(Information supplied Opens)
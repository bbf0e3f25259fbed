-- ===== src/Store/Cosmos/Batches.antt =====
-- `Save` of the Cosmos DB store over the wrapper of azure/cosmosclient.
use protosource.Prelude.{
  ℕ, zero, suc, ◌≤◌, ◌≡◌, ◌↔◌, refl, ap, ◌∙◌, inl, inr, String, true, false, Option, none, some,
  List, [], ◌∷◌, ◌++◌, All, arith, length, take, take_all, drop, Bool-cases, ◌==◌, ltb,
}
use protosource.Error.{Error, ok, err, batch_error, wrap}
use protosource.Compress.{Bytes}
use protosource.Repository.Types.{Record, Context}
use protosource.Repository.Stored.{Result-cases}
use protosource.Convert.{convert_all, length-convert_all}
use protosource.Store.Cosmos.{
  Container, Json, CosmosStore, max_batch_items, expiry_of, relative_ttl, doc_of, marshal_record,
  save_batches, save,
}
use protosource.Store.Cosmos.Client.{
  BatchResult, BatchResponse, AzContainer, status_conflict, status_failed_dependency,
  max_batch_operations, is_batch_conflict, is_conflict, batch_status, cause_of, batch_answer,
  send_batch, execute_create_batch, wrapper,
}

-- The container that sends every batch, however long.
abbrev pub unchecked : {S : Type 0} → AzContainer S → Container S
unchecked c = record (wrapper c) { execute_create_batch = send_batch c }

length-take_le : {A : Type 0} (n : ℕ) (xs : List A) → length (take n xs) ≤ n
length-take_le zero xs = omega arith
length-take_le (suc n) [] = omega arith
length-take_le (suc n) (x ∷ xs) = omega (arith, length-take_le n xs)

module _ (json : Json) (clock : ℕ → ℕ) {S : Type 0} (e f : Container S) where
  marshal_record-same : marshal_record json clock e ≡ marshal_record json clock f
  unfolding marshal_record doc_of expiry_of relative_ttl
  marshal_record-same = refl

  -- Containers that treat batches of 1 to 100 documents alike are alike to the loop of `Save`.
  save_batches-same :
      ((pk : String) (items : List Bytes) (s : S)
        → (length items == 0) ≡ false
        → length items ≤ max_batch_items
        → e.execute_create_batch pk items s ≡ f.execute_create_batch pk items s)
      → (cfg : CosmosStore S) (id : String) (fuel k : ℕ) (records : List Record) (s : S)
      → save_batches json clock e cfg id fuel k records s
        ≡ save_batches json clock f cfg id fuel k records s
  unfolding save_batches
  save_batches-same same cfg id zero k records s = refl
  save_batches-same same cfg id (suc fuel) k [] s = refl
  save_batches-same same cfg id (suc fuel) k (r ∷ rs) s =
      let batch = r ∷ take 99 rs in
      let same_items =
        ap (λ marshal. convert_all (marshal cfg id (clock k)) batch) marshal_record-same in
      elim (Result-cases (convert_all (marshal_record json clock f cfg id (clock k)) batch)) [
        | inr (failure, h) ↦ rw (same_items, save_batches) (rw h refl)
        | inl (items, h) ↦
            let size =
              length-convert_all (marshal_record json clock f cfg id (clock k)) batch items h in
            let sent = same id items s (ground arith) (omega (arith, size, length-take_le 99 rs)) in
            rw (same_items, save_batches)
              (rw h (
                rw sent (elim (Result-cases (f.execute_create_batch id items s).0) [
                  | inr (failure, k1) ↦
                      rw k1 (ap (λ o. (err (wrap "cosmosdbstore.Save" failure), o.1)) sent)
                  | inl (done, k1) ↦
                      let others = drop max_batch_items (r ∷ rs) in
                      rw k1 (
                        ap (λ o. save_batches json clock e cfg id fuel (suc k) others o.1) sent
                        ∙ save_batches-same same cfg id fuel (suc k) others
                            (f.execute_create_batch id items s).1)
                ])))
      ]

-- The store never meets the bound of the client: `Save` over the client is `Save` over the container
-- that sends every batch.
pub save-unchecked :
    (json : Json) (clock : ℕ → ℕ) {S : Type 0} (c : AzContainer S) (cfg : CosmosStore S)
    (ctx : Context) (id : String) (records : List Record) (s : S)
    → save json clock (wrapper c) cfg ctx id records s
      ≡ save json clock (unchecked c) cfg ctx id records s
unfolding save wrapper execute_create_batch
save-unchecked json clock c cfg (some e) id records s = refl
save-unchecked json clock c cfg none id records s =
    save_batches-same json clock (wrapper c) (unchecked c)
      (λ pk items s some_items fits. ground arith) cfg id (length records) 0 records s

-- The status of the first operation that failed for its own sake, not for that of another.
abbrev pub IsCause : List BatchResult → ℕ → Type 0
IsCause results status =
    (before : List BatchResult) × (after : List BatchResult) × (cause : BatchResult) × (results
      ≡ before ++ cause ∷ after)
    × All (λ r. r.status ≡ status_failed_dependency) before
    × (cause.status ≡ status)

skip_dependency :
    (r : BatchResult) (results : List BatchResult) (status : ℕ)
    → r.status ≡ status_failed_dependency
    → IsCause results status
    → IsCause (r ∷ results) status
skip_dependency r results status skipped (before, after, cause, e, h, k) =
    (r ∷ before, after, cause, ap (◌∷◌ r) e, (skipped, h), k)

-- The loop over the results ends with a conflict exactly where the cause is one.
cause_of_sound :
    (results : List BatchResult)
    → is_batch_conflict (cause_of results) ≡ true
    → IsCause results status_conflict
unfolding cause_of is_batch_conflict batch_status
cause_of_sound [] h = cc
cause_of_sound (r ∷ results) h = elim (Bool-cases (r.status == status_failed_dependency)) [
  | inl skipped ↦
      skip_dependency r results status_conflict (ground arith)
        (cause_of_sound results (rw skipped at h))
  | inr fails ↦
      let found : (r.status == status_conflict) ≡ true = rw fails at h in
      ([], results, r, refl, tt, ground arith)
]

cause_of_complete :
    (before : List BatchResult) (cause : BatchResult) (after : List BatchResult)
    → All (λ r. r.status ≡ status_failed_dependency) before
    → cause.status ≡ status_conflict
    → is_batch_conflict (cause_of (before ++ cause ∷ after)) ≡ true
unfolding cause_of is_batch_conflict batch_status
cause_of_complete [] cause after h k = rw k refl
cause_of_complete (r ∷ before) cause after (skipped, h) k =
    rw skipped (cause_of_complete before cause after h k)

cause_of-batch_error :
    (results : List BatchResult)
    → (status : ℕ) × (message : String) × (cause_of results ≡ batch_error status message)
unfolding cause_of
cause_of-batch_error [] = (0, "transactional batch failed without a cause status", refl)
cause_of-batch_error (r ∷ results) = elim (Bool-cases (r.status == status_failed_dependency)) [
  | inl skipped ↦
      let (status, message, e) = cause_of-batch_error results in (status, message, rw skipped e)
  | inr fails ↦ (r.status, r.message, rw fails refl)
]

within_cap : (n : ℕ) → n ≤ max_batch_items → ltb max_batch_operations n ≡ false
within_cap n h = ground arith

execute_create_batch-failed :
    {S : Type 0} (c : AzContainer S) (pk : String) (items : List Bytes) (s s' : S)
    (resp : BatchResponse)
    → (length items == 0) ≡ false
    → length items ≤ max_batch_items
    → c.execute_transactional_batch pk items s ≡ (ok resp, s')
    → resp.success ≡ false
    → execute_create_batch c pk items s ≡ (err (cause_of resp.results), s')
unfolding execute_create_batch send_batch batch_answer
execute_create_batch-failed c pk items s s' resp nonempty fits answered failed =
    rw (nonempty, within_cap (length items) fits, answered, failed) refl

save_batches-failed :
    (json : Json) (clock : ℕ → ℕ) {S : Type 0} (f : Container S) (cfg : CosmosStore S) (id : String)
    (fuel k : ℕ) (r : Record) (rs : List Record) (s s' : S) (items : List Bytes) (e : Error)
    → convert_all (marshal_record json clock f cfg id (clock k)) (r ∷ take 99 rs) ≡ ok items
    → f.execute_create_batch id items s ≡ (err e, s')
    → save_batches json clock f cfg id (suc fuel) k (r ∷ rs) s
      ≡ (err (wrap "cosmosdbstore.Save" e), s')
unfolding save_batches
save_batches-failed json clock f cfg id fuel k r rs s s' items e marshalled refused =
    rw (marshalled, save_batches)
      (rw refused (ap (λ o. (err (wrap "cosmosdbstore.Save" e), o.1)) refused))

is_conflict-cause_of :
    (response_status : Error → Option ℕ) (msg : String) (results : List BatchResult)
    → ((status : ℕ) (body : String) → response_status (wrap msg (batch_error status body)) ≡ none)
    → is_conflict response_status (wrap msg (cause_of results))
      ≡ is_batch_conflict (cause_of results)
unfolding is_conflict is_batch_conflict batch_status
is_conflict-cause_of response_status msg results other_type =
    let (status, message, shape) = cause_of-batch_error results in
    rw shape (
      rw (other_type status message) (elim (Bool-cases (status == status_conflict)) [
        | inl same ↦ rw same refl
        | inr apart ↦ rw apart refl
      ]))

cause_of-conflict_iff :
    (results : List BatchResult)
    → (is_batch_conflict (cause_of results) ≡ true) ↔ IsCause results status_conflict
cause_of-conflict_iff results = (
  cause_of_sound results,
  λ (before, after, cause, e, h, k). rw e (cause_of_complete before cause after h k),
)

-- For up to 100 records that marshal, where azcosmos answers the one batch without success: `Save`
-- returns an error, of which `IsConflict` says whether the cause is a conflict.
pub save-conflict_iff :
    (json : Json) (clock : ℕ → ℕ) {S : Type 0} (c : AzContainer S)
    (response_status : Error → Option ℕ) (cfg : CosmosStore S) (id : String) (records : List Record)
    (s s' : S) (items : List Bytes) (resp : BatchResponse)
    → ((msg : String) (status : ℕ) (body : String)
        → response_status (wrap msg (batch_error status body)) ≡ none)
    → (length records == 0) ≡ false
    → length records ≤ max_batch_items
    → convert_all (marshal_record json clock (wrapper c) cfg id (clock 0)) records ≡ ok items
    → c.execute_transactional_batch id items s ≡ (ok resp, s')
    → resp.success ≡ false
    → (e : Error) × (save json clock (wrapper c) cfg none id records s ≡ (err e, s'))
      × ((is_conflict response_status e ≡ true) ↔ IsCause resp.results status_conflict)
unfolding save wrapper
save-conflict_iff json clock c rs_of cfg id [] s s' items resp others nonempty fits h k l =
    absurd (ground arith)
save-conflict_iff json clock c rs_of cfg id (r ∷ rs) s s' items resp others nonempty fits h k l =
    let marshal = marshal_record json clock (wrapper c) cfg id (clock 0) in
    let size = length-convert_all marshal (r ∷ rs) items h in
    let first = ap (λ l. convert_all marshal (r ∷ l)) (take_all 99 rs (omega arith)) ∙ h in
    let refused =
      execute_create_batch-failed c id items s s' resp (ap (λ n. n == 0) size ∙ nonempty)
        (omega (arith, size)) k l in
    let same =
      is_conflict-cause_of rs_of "cosmosdbstore.Save" resp.results (others "cosmosdbstore.Save") in
    (
      wrap "cosmosdbstore.Save" (cause_of resp.results),
      save_batches-failed json clock (wrapper c) cfg id (length rs) 0 r rs s s' items
          (cause_of resp.results) first refused,
      rw same (cause_of-conflict_iff resp.results),
    )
(Information supplied Closes)
Task objective —
Whenever a line in the records above contains the string "BatchResponse", copy that line.

Output for this exercise —
  BatchResult, BatchResponse, AzContainer, status_conflict, status_failed_dependency,
    (resp : BatchResponse)
    (s s' : S) (items : List Bytes) (resp : BatchResponse)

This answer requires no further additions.